I've been around tools and tooling most of my life and have never seen anything like this. When I bought my lathe many years ago there was a box of 'tooling' that came with it. In there wrapped in oily paper and a rag was this vernier protractor. 
It has 2 levels, one for each horizontal axis, both adjustable. It has divisions on the main arced beam and then the horizontal beam has a minute curve to it so when the level head is moved it will divide the degrees into minutes. In the one picture there is a name Massi and the word for minutes in either German or Swiss?
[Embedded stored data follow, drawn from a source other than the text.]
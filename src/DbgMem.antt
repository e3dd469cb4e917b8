-- ===== src/DbgMem.antt =====
-- The debugging allocator of src/dbg_malloc.cpp: blocks with a header that points at a record of a
-- tracking table, over the C allocator of Heap.antt. A block is named by its base address, also
-- where the code holds the payload pointer DBG_MEM_PTR. The diagnostics, and the func field of a
-- record that serves them alone, are left out.
pub mod Table
pub mod Slots
pub mod Size
pub mod Calls
pub mod Sound
use opentelemetry_c_wrapper.Prelude.{
  ℕ, zero, suc, ◌+◌, ◌-◌, ◌*◌, ◌/◌, ◌%◌, Bool, true, false, not, ◌&&◌, ◌||◌, List, [], ◌∷◌, Option,
  none, some, ◌==◌, ltb, leb, if◌then◌else◌, length, set, replicate,
}
use opentelemetry_c_wrapper.Heap.{Heap, malloc, realloc, free}

abbrev pub word : ℕ
word = 18446744073709551616

-- Subtraction of unsigned 64-bit numbers.
abbrev pub sub64 : ℕ → ℕ → ℕ
sub64 a b = (a + (word - b % word)) % word

-- sizeof(struct otelc_dbg_mem_data), which is packed: 8 + 8 + 63 + 1.
abbrev pub record_size : ℕ
record_size = 80

-- sizeof(struct otelc_dbg_mem_metadata), the header of a block.
abbrev pub header_size : ℕ
header_size = 16

-- What the data field of a header holds: no pointer, the base of a block of the heap (its own base
-- marks an untracked block), or any other address, of a record for one.
pub data Ref : Type 0 where
  null : Ref
  block : ℕ → Ref
  address : ℕ → Ref

-- `magic` tells whether the field has the value DBG_MEM_MAGIC.
pub record Header : Type 0 where
  pub data_ref : Ref
  pub magic : Bool

pub record Record : Type 0 where
  pub ptr : Option ℕ
  pub size : ℕ
  pub used : Bool

-- `base` is the address of the table.
pub record Mem : Type 0 where
  pub base : ℕ
  pub data_cells : List Record
  pub count : ℕ
  pub assigned : ℕ
  pub reused : ℕ
  pub size : ℕ
  pub alloc_cnt : ℕ
  pub realloc_cnt : ℕ
  pub free_cnt : ℕ

-- The process: the C allocator, the header bytes at every address, and the global `dbg_mem`.
pub record State : Type 0 where
  pub heap : Heap
  pub header : ℕ → Header
  pub dbg_mem : Option Mem

-- What taking the tracker mutex comes to: the lock fails, another thread has disabled the tracker
-- in the meantime, or the tracker is held.
pub data Lock : Type 0 where
  refused : Lock
  disabled : Lock
  held : Lock

pub data Op : Type 0 where
  op_alloc : Op
  op_realloc : Op
  op_free : Op

abbrev pub write_header : State → ℕ → Header → State
write_header s p h = record s { header = λ q. if q == p then h else s.header q }

-- otelc_dbg_set_metadata: a null record pointer makes the header refer to its own block.
pub set_metadata : Option ℕ → Ref → State → State
set_metadata none r s = s
set_metadata (some p) null s = write_header s p (record { data_ref = block p; magic = true })
set_metadata (some p) (block q) s = write_header s p (record { data_ref = block q; magic = true })
set_metadata (some p) (address a) s =
    write_header s p (record { data_ref = address a; magic = true })

-- otelc_dbg_is_wrapper_block.
pub is_wrapper_block : Header → Bool
is_wrapper_block h = elim h.data_ref [ null ↦ false | block q ↦ h.magic | address a ↦ h.magic ]

pub record_address : Mem → ℕ → ℕ
record_address m i = m.base + i * record_size

-- otelc_dbg_is_table_record, with the index of the record. A block of the heap is a different
-- object from the table; a null pointer is rejected by both callers before.
pub table_record : Mem → Ref → Option ℕ
table_record m null = none
table_record m (block q) = none
table_record m (address a) =
    let offset = sub64 a m.base in
    if leb (m.count * record_size) offset
    then none
    else if offset % record_size == 0
    then some (offset / record_size)
    else none

abbrev pub no_record : Record
no_record = record { ptr = none; size = 0; used = false }

-- data[i]; an index out of range does not arise.
pub cell : List Record → ℕ → Record
cell [] i = no_record
cell (r ∷ rs) zero = r
cell (r ∷ rs) (suc i) = cell rs i

pub counted : Op → Mem → Mem
counted op_alloc m = record m { alloc_cnt = (m.alloc_cnt + 1) % word }
counted op_realloc m = record m { realloc_cnt = (m.realloc_cnt + 1) % word }
counted op_free m = record m { free_cnt = (m.free_cnt + 1) % word }

-- The table's part of otelc_dbg_mem_add.
pub add_record : ℕ → Option ℕ → ℕ → Op → Mem → Mem
unfolding counted
add_record i p n op m = counted op (record m {
  data_cells = set m.data_cells i (record { ptr = p; size = n; used = true });
  size = (m.size + n) % word;
})

-- otelc_dbg_mem_add.
pub mem_add : ℕ → Option ℕ → ℕ → Op → Mem → State → State
unfolding add_record set_metadata record_address
mem_add i p n op m s =
    set_metadata p (address (record_address m i))
      (record s { dbg_mem = some (add_record i p n op m) })

-- The do-while loop of otelc_dbg_mem_alloc over the table: the index that it leaves (count when no
-- record is free) and the cursor. The loop makes at most count rounds, which is the fuel.
pub scan : ℕ → ℕ → ℕ → Mem → ℕ × ℕ
unfolding cell
scan zero idx r m = (idx, r)
scan (suc fuel) idx r m =
    let start = if leb m.count r then 0 else r in
    let rest = scan fuel (suc idx) (suc start) m in
    if (cell m.data_cells start).used then rest else (start, suc start)

-- A record that was never used is taken first, then the first one that is free.
pub find_slot : Mem → ℕ × Mem
unfolding scan
find_slot m =
    if ltb m.assigned m.count
    then (m.assigned, record m { assigned = suc m.assigned })
    else (let (idx, r) = scan m.count 0 m.reused m in (idx, record m { reused = r }))

-- mem->size -= metadata->data->size.
pub less_size : ℕ → Mem → Mem
unfolding cell
less_size i m = record m { size = sub64 m.size (cell m.data_cells i).size }

-- The comparison of two pointers that may be null.
pub same_ptr : Option ℕ → ℕ → Bool
same_ptr none p = false
same_ptr (some q) p = q == p

-- data->used && (data->ptr == p).
pub is_current : Mem → ℕ → ℕ → Bool
unfolding cell same_ptr
is_current m i p = let d = cell m.data_cells i in d.used && same_ptr d.ptr p

-- The tracker of otelc_dbg_mem_alloc for a new block.
pub track_new : ℕ → ℕ → Mem → State → State
unfolding find_slot mem_add set_metadata
track_new p n m s =
    let t = set_metadata (some p) null s in
    let (idx, m') = find_slot m in
    if ltb idx m.count then mem_add idx (some p) n op_alloc m' t else record t { dbg_mem = some m' }

-- Its tracker for a block that realloc moved from `old` to `p`: a header or record that does not fit
-- is reported and changes nothing.
pub track_moved : ℕ → ℕ → ℕ → Mem → State → State
unfolding table_record is_current less_size mem_add
track_moved old p n m s =
    let h = s.header p in
    if h.magic
    then elim (table_record m h.data_ref) [
      | none ↦ s
      | some i ↦ if is_current m i old then mem_add i (some p) n op_realloc (less_size i m) s else s
    ]
    else s

-- otelc_dbg_mem_alloc behind its mutex, and the function. Without a tracker a block is marked
-- untracked, when the allocation failed or the lock is refused nothing is done.
mem_alloc_locked : Lock → Option ℕ → ℕ → ℕ → Mem → State → State
unfolding track_new track_moved set_metadata
mem_alloc_locked refused old p n m s = s
mem_alloc_locked disabled old p n m s = set_metadata (some p) null (record s { dbg_mem = none })
mem_alloc_locked held none p n m s = track_new p n m s
mem_alloc_locked held (some o) p n m s = track_moved o p n m s

pub mem_alloc : Lock → Option ℕ → Option ℕ → ℕ → State → State
unfolding mem_alloc_locked set_metadata
mem_alloc l old none n s = s
mem_alloc l old (some p) n s = elim s.dbg_mem [
  | none ↦ set_metadata (some p) null s
  | some m ↦ mem_alloc_locked l old p n m s
]

-- The release of a record by otelc_dbg_mem_release.
pub drop_record : ℕ → Mem → Mem
unfolding cell less_size counted
drop_record i m =
    let d = cell m.data_cells i in
    counted op_free
      (less_size i (record m { data_cells = set m.data_cells i (record d { used = false }) }))

-- otelc_dbg_mem_release: false is OTELC_RET_ERROR. Only a header whose record lies outside the
-- table, or whose record does not describe the block as allocated, is an error.
is_unset : ℕ → Ref → Bool
is_unset p null = true
is_unset p (block q) = q == p
is_unset p (address a) = false

release_held : ℕ → Mem → State → Bool × State
unfolding table_record is_current drop_record is_unset
release_held p m s =
    let h = s.header p in
    if is_unset p h.data_ref || not h.magic then (true, s) else elim (table_record m h.data_ref) [
      | none ↦ (false, s)
      | some i ↦
          if is_current m i p
          then (true, record s { dbg_mem = some (drop_record i m) })
          else (false, s)
    ]

release_locked : Lock → ℕ → Mem → State → Bool × State
unfolding release_held
release_locked refused p m s = (true, s)
release_locked disabled p m s = (true, record s { dbg_mem = none })
release_locked held p m s = release_held p m s

pub mem_release : Lock → ℕ → State → Bool × State
unfolding release_locked
mem_release l p s = elim s.dbg_mem [ none ↦ (true, s) | some m ↦ release_locked l p m s ]

-- otelc_dbg_mem_check.
check_held : ℕ → Mem → State → Bool
unfolding table_record is_current
check_held p m s = elim (table_record m (s.header p).data_ref) [
  | none ↦ false
  | some i ↦ is_current m i p
]

check_locked : Lock → ℕ → Mem → State → Bool × State
unfolding check_held
check_locked refused p m s = (true, s)
check_locked disabled p m s = (true, record s { dbg_mem = none })
check_locked held p m s = (check_held p m s, s)

pub mem_check : Lock → ℕ → State → Bool × State
unfolding check_locked
mem_check l p s = elim s.dbg_mem [ none ↦ (true, s) | some m ↦ check_locked l p m s ]

-- otelc_dbg_mem_is_stale: some record assigned so far has the block as its pointer.
pub among : ℕ → List Record → ℕ → Bool
unfolding same_ptr
among zero rs p = false
among (suc n) [] p = false
among (suc n) (r ∷ rs) p = same_ptr r.ptr p || among n rs p

stale_locked : Lock → ℕ → Mem → State → Bool × State
unfolding among
stale_locked refused p m s = (false, s)
stale_locked disabled p m s = (false, record s { dbg_mem = none })
stale_locked held p m s = (among m.assigned m.data_cells p, s)

pub is_stale : Lock → ℕ → State → Bool × State
unfolding stale_locked
is_stale l p s = elim s.dbg_mem [ none ↦ (false, s) | some m ↦ stale_locked l p m s ]

-- The sum and the count of the records in use in otelc_dbg_mem_info.
pub used_size : List Record → ℕ
used_size [] = 0
used_size (r ∷ rs) = (if r.used then r.size else 0) + used_size rs

pub used_chunks : List Record → ℕ
used_chunks [] = 0
used_chunks (r ∷ rs) = (if r.used then 1 else 0) + used_chunks rs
I really don't know what to use it for because of the size but it sure it neat. 
gbritnell


----------



## Bill Gruby (Mar 27, 2013)

Proper name for that tool is an "Inclinometer"' ------ "Billy G"


----------



## ariscats (Apr 15, 2013)

The name Massi and the form of the logo brings to memory the MAUSER company,of weapons 
fame.May be i am wrong.
Ariscats


----------



## stupoty (Apr 15, 2013)

Hello, thats an amazing looking spirit level your shelves will be level beyond belief. :jester:

DRP is an abriviation for "Deutsches Reichspatent", it means copywrited in germany(acording to wikipedia font of all knowledge ;-) and was used untill 1945, so it's almost certainly pre 1945.

Stuart


----------



## ariscats (Nov 3, 2017)

Yes It Is An Artillery inclinometer !!!
Ariscats


----------